- Instrument(s): Violin, cello
- Years active: 2001–present

= Christine Wu =

Taiwanese-German-American violinist

Christine Wu is a musician who plays and composes for acoustic and electric violin and cello. Born to a Taiwanese father and a German American mother in Germany, she moved to the United States at a young age. She began her professional career as an orchestral musician before relocating to Los Angeles to work in the recording, film, and television industries. She performs, composes, and arranges for live performances, records, film and gaming soundtracks and commercial jingles.

== Education ==
Wu began studying violin at age two-and-a-half using the Suzuki method.

She completed a four-year degree in violin performance from Duquesne University. She went on to earn a Master of Music from the University of Southern California with a full scholarship, studying with pedagogue Robert Lipsett of the Colburn School.

== Performance highlights ==
As of February 2017, Wu is the touring solo violinist with the Game of Thrones Live Concert Experience. After graduating from Duquesne, she toured for one year with the St. Louis Symphony orchestra. In 2001, after graduating from USC, she obtained a tenured position with the Houston Symphony, becoming one of their youngest members. Her years as an orchestral violinist took her to Carnegie Hall and many other concert halls throughout the U.S., Europe and the Caribbean.

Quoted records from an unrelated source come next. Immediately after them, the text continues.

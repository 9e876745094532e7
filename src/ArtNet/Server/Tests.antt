-- ===== src/ArtNet/Server/Tests.antt =====
-- Runs of the Art-Net server, and the theorems about it at concrete inputs.
use ha_artnet_led.Base.{
  ℕ, Option, ◌+◌, ◌≡◌, ◌≢◌, ◌⊎◌, refl, true, [], ◌∷◌, some, none, replicate, arith,
}
use ha_artnet_led.Base.Result.{ok, err, Exc}
use ha_artnet_led.Base.Action.{◌>>=◌, current, change, calls, value_of, returns}
use ha_artnet_led.Base.Bytes.{Bytes}
use ha_artnet_led.Base.Dict.{nat_eq}
use ha_artnet_led.Base.Text.{Text}
use ha_artnet_led.Base.Text.Format.{codes}
use ha_artnet_led.ArtNet.Address.{PortAddress, make_port_address, address_eq, port_address}
use ha_artnet_led.ArtNet.Codec.{append}
use ha_artnet_led.ArtNet.Flags.{Port}
use ha_artnet_led.ArtNet.PollReply.{ArtPollReply}
use ha_artnet_led.ArtNet.Dmx.{make_dmx, serialize_dmx}
use ha_artnet_led.ArtNet.Server.{
  ArtNetServer, DmxLoop, ManualNode, Node, bytes_beq, key_beq, key_eq, port_address_eq,
  get_addresses, update_status_message, add_node_by_ip, add_manual_node,
}
use ha_artnet_led.ArtNet.Server.Replies.{new_port, add_port, update_subscribers}
use ha_artnet_led.ArtNet.Server.Sending.{
  send_dmx, replace_loop, replace_at, cancel_task, show_transmitted, create_loop, modify_port,
  start_task, loop_step, loop_from, loop_round, send_round, end_round, first_packet, later_packet,
  next_sequence,
}
use ha_artnet_led.ArtNet.Server.Nodes.{
  handle_poll_reply, learn_node, register, move_node, add_new, add_node_by_port_address,
  remove_stale_nodes, take_over, seen,
}
use ha_artnet_led.ArtNet.Server.Frame.{NoLost}
use ha_artnet_led.ArtNet.Server.Invariant.{IsIndexed}
use ha_artnet_led.ArtNet.Server.Learning.{handle_poll_reply-IsIndexed}
use ha_artnet_led.ArtNet.Server.Stuck.{refused_reply_stops_cleaning, cleaned_at}
use ha_artnet_led.ArtNet.Server.Dispatch.{new_reply}
use ha_artnet_led.ArtNet.Server.Loops.{task_at, IsNumbered}
use ha_artnet_led.ArtNet.Server.Steps.{
  make_server, Operation, open_port, add_manual, send, perform, Serves, begin, then_perform,
}
use ha_artnet_led.ArtNet.Server.Order.{one_coroutine_for_each_port}

abbrev server_ip : Bytes
server_ip = 10 ∷ 0 ∷ 0 ∷ 1 ∷ []

abbrev node_ip : Bytes
node_ip = 10 ∷ 0 ∷ 0 ∷ 9 ∷ []

abbrev server : ArtNetServer
server =
    make_server server_ip (replicate 6 2) true true true true 1 2 (codes "HA") (codes "Home") true
      true 800

abbrev output_port : Port
output_port = record new_port { output = true; sw_out = 3 }

abbrev reply : ArtPollReply
reply = record new_reply {
  source_ip = node_ip;
  net_switch = 0;
  sub_switch = 1;
  ports = output_port ∷ [];
}

-- A reply of a node whose net does not fit a port address.
abbrev wrong_reply : ArtPollReply
wrong_reply = record reply { net_switch = 16 }

server-IsIndexed : IsIndexed server
unfolding make_server
server-IsIndexed = record {
  indexed = λ a l. refl;
  keyed = λ l n e. absurd (cc);
  unique_ip = tt;
  unique_port = tt;
}

reply_returns : (handle_poll_reply 1000000 node_ip reply server).result ≡ ok tt
unfolding make_server handle_poll_reply learn_node register move_node add_new
    add_node_by_port_address get_addresses make_port_address add_node_by_ip bytes_beq key_beq
    address_eq update_status_message ◌>>=◌ current change calls value_of returns
reply_returns = refl

handle_poll_reply-IsIndexed_example :
    IsIndexed (handle_poll_reply 1000000 node_ip reply server).after
    × NoLost (handle_poll_reply 1000000 node_ip reply server).events
handle_poll_reply-IsIndexed_example =
    handle_poll_reply-IsIndexed 1000000 reply server server-IsIndexed node_ip reply_returns

refused_reply_stops_cleaning_example :
    let heard = (handle_poll_reply 1000000 node_ip wrong_reply server).after in
    let cleaning = remove_stale_nodes 22000000 (cleaned_at (12000000 ∷ 17000000 ∷ []) heard) in
    ((handle_poll_reply 1000000 node_ip wrong_reply server).result ≡ err Exc.assertion_error)
    × (x : Exc) × (cleaning.result ≡ err x)
    × (cleaning.after.nodes_by_ip ≡ heard.nodes_by_ip)
unfolding make_server bytes_beq get_addresses make_port_address
refused_reply_stops_cleaning_example =
    refused_reply_stops_cleaning 1000000 node_ip wrong_reply server Exc.assertion_error refl refl
      refl refl (12000000 ∷ 17000000 ∷ []) 22000000 (omega arith, (omega arith, tt)) (omega arith)

-- The server that has heard the reply.
abbrev learned : ArtNetServer
learned = (handle_poll_reply 1000000 node_ip reply server).after

abbrev known : Node
known = take_over reply (seen 1000000 reply none)

-- Two own ports, each with a manual node and a coroutine.
abbrev at_universe : ℕ → PortAddress
at_universe u = record { net = 0; sub_net = 0; universe = u }

abbrev lamp : ManualNode
lamp = record { addr = codes "10.0.0.20"; port = 6454 }

abbrev decode_none : Bytes → Text
decode_none bs = []

abbrev after_operation : Operation → ArtNetServer → ArtNetServer
after_operation o s = (perform decode_none o s).after

abbrev sending : ArtNetServer
sending = after_operation (send 0 (at_universe 2) (9 ∷ 9 ∷ [])) (
    after_operation (send 0 (at_universe 1) (7 ∷ 7 ∷ [])) (
      after_operation (add_manual (at_universe 2) lamp) (
        after_operation (add_manual (at_universe 1) lamp) (
          after_operation (open_port 0 (at_universe 2))
            (after_operation (open_port 0 (at_universe 1)) server)))))

Serves-sending : Serves decode_none server sending
Serves-sending = then_perform (send 0 (at_universe 2) (9 ∷ 9 ∷ [])) (
    then_perform (send 0 (at_universe 1) (7 ∷ 7 ∷ [])) (
      then_perform (add_manual (at_universe 2) lamp) (
        then_perform (add_manual (at_universe 1) lamp) (
          then_perform (open_port 0 (at_universe 2))
            (then_perform (open_port 0 (at_universe 1)) begin)))))

-- The packet that a coroutine sends next, after its first round.
abbrev next_packet : ℕ → ℕ → Bytes → Option Bytes
next_packet sequence u payload =
    elim (serialize_dmx (record {
      protocol_version = 14;
      sequence_number = sequence;
      physical = 0;
      address = at_universe u;
      payload = payload;
    })) [ ok packet ↦ some packet | err e ↦ none ]

abbrev loop_for : ℕ → Bytes → ℕ → DmxLoop
loop_for r payload sequence = record {
  address = at_universe (r + 1);
  payload = payload;
  own_port = r;
  has_manual_node = true;
  packet = next_packet sequence (r + 1) payload;
}

two_loops : sending.loops ≡ (0, loop_for 0 (7 ∷ 7 ∷ []) 2) ∷ (1, loop_for 1 (9 ∷ 9 ∷ []) 3) ∷ []
unfolding make_server perform add_port update_subscribers add_manual_node update_status_message
    send_dmx replace_loop replace_at cancel_task show_transmitted create_loop modify_port address_eq
    start_task loop_step loop_from loop_round send_round end_round first_packet later_packet
    next_sequence make_dmx serialize_dmx append port_address ◌>>=◌ current change calls value_of
    returns
two_loops = refl

abbrev first_id : ℕ
first_id = 0

abbrev second_id : ℕ
second_id = 1

one_coroutine_for_each_port_example :
    ((first_id ≡ second_id)
      ⊎ ((loop_for 0 (7 ∷ 7 ∷ []) 2).own_port ≢ (loop_for 1 (9 ∷ 9 ∷ []) 3).own_port))
    × (task_at (loop_for 0 (7 ∷ 7 ∷ []) 2).own_port sending ≡ some first_id)
    × IsNumbered sending.sequencing sending.sequence_number
one_coroutine_for_each_port_example =
    one_coroutine_for_each_port server_ip (replicate 6 2) true true true true 1 2 (codes "HA")
      (codes "Home") true true 800 decode_none sending first_id second_id
      (loop_for 0 (7 ∷ 7 ∷ []) 2) (loop_for 1 (9 ∷ 9 ∷ []) 3) Serves-sending (rw two_loops refl)
      (rw two_loops refl)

In 2006 Wu relocated to Los Angeles, California to write and perform.

She has since performed as soloist, arranged, and recorded for David Foster, Paul Anka, Billy Ray Cyrus, A.R. Rahman, and Lorne Balfe.

She has also performed on The Voice, American Idol, Dancing with the Stars, The Tonight Show, and the Grammy Awards telecast.

In 2014 she received notoriety for playing the electric violin while doing a backbend in Billy Ray Cyrus' video for "Achy Breaky 2", a remake of "Achy Breaky Heart".

Wu worked with rap star South Park Mexican (SPM) on the album The Last Chair Violinist. She was featured on the songs "Are We Real" and "The Last Chair Violinist".

== Instruments ==
Wu plays a 1777 Lorenzo Storioni violin, and a Yamaha SV-255 and SVC-110SK. She also plays and composes on a Bösendorfer 185 piano.